Return exactly the span of lines in the following data that opens with the line containing "(rows : List DoorOpenRequest) (m" and closes with the line containing "step_uses_one rows (approves". Include nothing else.

═════ Source data

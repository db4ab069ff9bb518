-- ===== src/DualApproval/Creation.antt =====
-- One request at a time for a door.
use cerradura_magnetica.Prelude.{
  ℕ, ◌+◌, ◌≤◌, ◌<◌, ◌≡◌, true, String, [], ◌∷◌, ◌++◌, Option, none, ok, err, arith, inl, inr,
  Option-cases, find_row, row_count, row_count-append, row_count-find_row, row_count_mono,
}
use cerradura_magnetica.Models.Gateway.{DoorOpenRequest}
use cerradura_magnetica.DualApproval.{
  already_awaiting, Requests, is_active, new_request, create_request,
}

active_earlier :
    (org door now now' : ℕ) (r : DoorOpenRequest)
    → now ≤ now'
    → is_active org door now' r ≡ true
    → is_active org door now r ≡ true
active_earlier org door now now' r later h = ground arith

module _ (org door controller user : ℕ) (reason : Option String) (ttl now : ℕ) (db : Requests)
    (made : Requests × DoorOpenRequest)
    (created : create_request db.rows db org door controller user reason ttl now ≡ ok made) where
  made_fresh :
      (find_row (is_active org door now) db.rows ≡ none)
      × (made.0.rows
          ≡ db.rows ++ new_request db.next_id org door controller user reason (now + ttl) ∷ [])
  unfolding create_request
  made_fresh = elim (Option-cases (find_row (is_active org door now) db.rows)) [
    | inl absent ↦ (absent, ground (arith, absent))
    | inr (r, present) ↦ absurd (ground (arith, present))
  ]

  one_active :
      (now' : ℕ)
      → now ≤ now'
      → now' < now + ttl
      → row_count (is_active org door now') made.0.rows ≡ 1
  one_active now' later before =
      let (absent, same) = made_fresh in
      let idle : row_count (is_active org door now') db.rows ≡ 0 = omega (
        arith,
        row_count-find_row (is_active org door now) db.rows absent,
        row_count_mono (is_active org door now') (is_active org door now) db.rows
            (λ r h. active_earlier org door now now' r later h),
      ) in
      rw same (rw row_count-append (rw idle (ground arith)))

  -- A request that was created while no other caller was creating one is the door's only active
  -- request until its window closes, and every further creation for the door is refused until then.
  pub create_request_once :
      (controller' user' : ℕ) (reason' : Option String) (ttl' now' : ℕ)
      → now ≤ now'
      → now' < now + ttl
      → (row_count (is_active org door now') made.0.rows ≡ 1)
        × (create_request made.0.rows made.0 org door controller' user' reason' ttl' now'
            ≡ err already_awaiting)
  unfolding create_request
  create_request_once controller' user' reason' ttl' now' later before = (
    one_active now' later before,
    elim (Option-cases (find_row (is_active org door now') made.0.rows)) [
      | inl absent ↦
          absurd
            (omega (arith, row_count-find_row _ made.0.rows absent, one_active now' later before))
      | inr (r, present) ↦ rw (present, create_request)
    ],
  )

══════════
═════ Source data

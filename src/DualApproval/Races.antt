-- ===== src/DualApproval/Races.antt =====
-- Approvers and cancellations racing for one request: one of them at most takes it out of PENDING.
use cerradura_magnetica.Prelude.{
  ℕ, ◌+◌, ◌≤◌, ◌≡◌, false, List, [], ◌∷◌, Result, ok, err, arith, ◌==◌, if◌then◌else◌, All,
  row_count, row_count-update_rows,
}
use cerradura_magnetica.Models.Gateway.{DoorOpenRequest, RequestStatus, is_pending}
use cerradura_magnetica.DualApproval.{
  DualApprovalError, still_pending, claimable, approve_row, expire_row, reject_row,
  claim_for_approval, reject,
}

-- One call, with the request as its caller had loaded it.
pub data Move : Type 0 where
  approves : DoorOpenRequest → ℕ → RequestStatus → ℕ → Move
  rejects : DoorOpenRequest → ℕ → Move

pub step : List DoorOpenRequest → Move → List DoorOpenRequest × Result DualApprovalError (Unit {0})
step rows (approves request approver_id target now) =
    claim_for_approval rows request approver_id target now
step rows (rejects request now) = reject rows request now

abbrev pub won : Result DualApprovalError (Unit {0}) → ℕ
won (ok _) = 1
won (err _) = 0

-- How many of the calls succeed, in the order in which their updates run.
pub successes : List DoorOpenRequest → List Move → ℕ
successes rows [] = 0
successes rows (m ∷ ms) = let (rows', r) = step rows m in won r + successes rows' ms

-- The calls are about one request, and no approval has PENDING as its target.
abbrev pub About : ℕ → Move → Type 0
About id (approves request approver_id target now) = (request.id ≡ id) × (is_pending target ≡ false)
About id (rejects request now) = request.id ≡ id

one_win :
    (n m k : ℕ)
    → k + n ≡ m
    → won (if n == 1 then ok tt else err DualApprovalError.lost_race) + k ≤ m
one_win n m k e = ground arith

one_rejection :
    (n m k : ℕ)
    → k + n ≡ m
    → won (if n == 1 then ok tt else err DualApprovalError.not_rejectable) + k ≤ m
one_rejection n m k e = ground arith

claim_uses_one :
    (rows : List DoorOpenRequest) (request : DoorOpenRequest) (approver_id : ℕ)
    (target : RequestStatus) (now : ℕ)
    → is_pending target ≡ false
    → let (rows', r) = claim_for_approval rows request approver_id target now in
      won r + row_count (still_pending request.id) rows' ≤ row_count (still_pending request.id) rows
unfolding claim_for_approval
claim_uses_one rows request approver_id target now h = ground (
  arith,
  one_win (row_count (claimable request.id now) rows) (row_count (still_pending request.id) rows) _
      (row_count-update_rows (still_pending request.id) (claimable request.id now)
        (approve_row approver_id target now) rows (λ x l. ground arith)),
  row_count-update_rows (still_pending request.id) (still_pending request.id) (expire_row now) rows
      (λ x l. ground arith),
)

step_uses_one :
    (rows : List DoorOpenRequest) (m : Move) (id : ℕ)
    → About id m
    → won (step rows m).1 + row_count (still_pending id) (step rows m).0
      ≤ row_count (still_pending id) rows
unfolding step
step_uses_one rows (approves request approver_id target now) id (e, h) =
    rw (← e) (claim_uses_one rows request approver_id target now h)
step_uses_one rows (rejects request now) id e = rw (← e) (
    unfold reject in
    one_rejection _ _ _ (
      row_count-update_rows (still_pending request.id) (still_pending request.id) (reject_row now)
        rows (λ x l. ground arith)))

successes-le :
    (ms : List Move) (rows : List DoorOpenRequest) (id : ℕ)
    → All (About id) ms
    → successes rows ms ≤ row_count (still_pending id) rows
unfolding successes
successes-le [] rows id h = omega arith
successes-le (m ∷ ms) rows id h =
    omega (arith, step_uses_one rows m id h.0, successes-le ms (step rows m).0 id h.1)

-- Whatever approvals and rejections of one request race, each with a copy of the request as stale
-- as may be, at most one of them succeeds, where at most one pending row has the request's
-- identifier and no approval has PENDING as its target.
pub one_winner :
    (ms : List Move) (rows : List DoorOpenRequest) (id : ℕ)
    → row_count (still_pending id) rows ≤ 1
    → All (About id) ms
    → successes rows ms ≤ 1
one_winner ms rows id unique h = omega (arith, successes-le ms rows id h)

══════════

* _Result_:
    (rows : List DoorOpenRequest) (m : Move) (id : ℕ)
    → About id m
    → won (step rows m).1 + row_count (still_pending id) (step rows m).0
      ≤ row_count (still_pending id) rows
unfolding step
step_uses_one rows (approves request approver_id target now) id (e, h) =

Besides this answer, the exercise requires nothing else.